"""

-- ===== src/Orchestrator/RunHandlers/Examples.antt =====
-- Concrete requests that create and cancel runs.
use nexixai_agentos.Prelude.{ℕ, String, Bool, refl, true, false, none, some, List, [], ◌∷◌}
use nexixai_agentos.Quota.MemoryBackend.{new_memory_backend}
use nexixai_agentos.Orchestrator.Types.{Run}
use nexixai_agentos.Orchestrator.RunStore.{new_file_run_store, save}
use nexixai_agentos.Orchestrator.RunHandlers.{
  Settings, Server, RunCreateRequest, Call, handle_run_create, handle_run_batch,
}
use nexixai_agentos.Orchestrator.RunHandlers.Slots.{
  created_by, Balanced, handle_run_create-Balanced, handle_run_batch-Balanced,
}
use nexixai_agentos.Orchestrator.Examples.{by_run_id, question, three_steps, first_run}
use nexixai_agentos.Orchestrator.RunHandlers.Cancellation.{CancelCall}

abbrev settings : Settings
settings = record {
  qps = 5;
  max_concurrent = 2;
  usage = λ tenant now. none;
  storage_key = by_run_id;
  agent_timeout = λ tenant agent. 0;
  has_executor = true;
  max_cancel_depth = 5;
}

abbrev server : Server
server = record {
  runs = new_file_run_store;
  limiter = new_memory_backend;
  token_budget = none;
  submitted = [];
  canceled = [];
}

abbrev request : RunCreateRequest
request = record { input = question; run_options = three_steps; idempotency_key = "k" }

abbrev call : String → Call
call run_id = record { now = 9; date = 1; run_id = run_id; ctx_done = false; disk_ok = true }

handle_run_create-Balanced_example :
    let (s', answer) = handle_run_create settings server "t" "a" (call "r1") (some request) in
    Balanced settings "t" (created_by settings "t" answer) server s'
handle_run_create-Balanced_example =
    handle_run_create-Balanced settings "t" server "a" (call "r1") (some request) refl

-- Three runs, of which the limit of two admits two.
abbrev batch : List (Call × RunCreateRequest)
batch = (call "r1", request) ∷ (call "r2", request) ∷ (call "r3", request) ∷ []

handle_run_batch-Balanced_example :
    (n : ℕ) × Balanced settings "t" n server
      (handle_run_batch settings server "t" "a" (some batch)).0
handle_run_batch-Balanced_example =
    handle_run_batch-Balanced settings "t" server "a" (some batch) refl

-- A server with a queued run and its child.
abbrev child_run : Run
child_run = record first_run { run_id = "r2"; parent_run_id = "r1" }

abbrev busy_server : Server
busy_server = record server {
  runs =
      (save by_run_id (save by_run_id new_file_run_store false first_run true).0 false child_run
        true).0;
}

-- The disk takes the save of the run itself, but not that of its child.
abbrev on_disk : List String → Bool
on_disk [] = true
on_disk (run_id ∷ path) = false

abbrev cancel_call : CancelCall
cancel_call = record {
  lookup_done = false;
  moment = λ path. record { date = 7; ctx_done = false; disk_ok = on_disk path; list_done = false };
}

"""

▶ _TASK STATEMENT_
Give back exactly the lines above starting at the line where "usage = λ tenant now. none;" appears and ending at the line where "let (s', answer)" appears, both included, with no other lines.

▶ _YOUR SOLUTION_
  usage = λ tenant now. none;
  storage_key = by_run_id;
  agent_timeout = λ tenant agent. 0;
  has_executor = true;
  max_cancel_depth = 5;
}

abbrev server : Server
server = record {
  runs = new_file_run_store;
  limiter = new_memory_backend;
  token_budget = none;
  submitted = [];
  canceled = [];
}

abbrev request : RunCreateRequest
request = record { input = question; run_options = three_steps; idempotency_key = "k" }

abbrev call : String → Call
call run_id = record { now = 9; date = 1; run_id = run_id; ctx_done = false; disk_ok = true }

handle_run_create-Balanced_example :
    let (s', answer) = handle_run_create settings server "t" "a" (call "r1") (some request) in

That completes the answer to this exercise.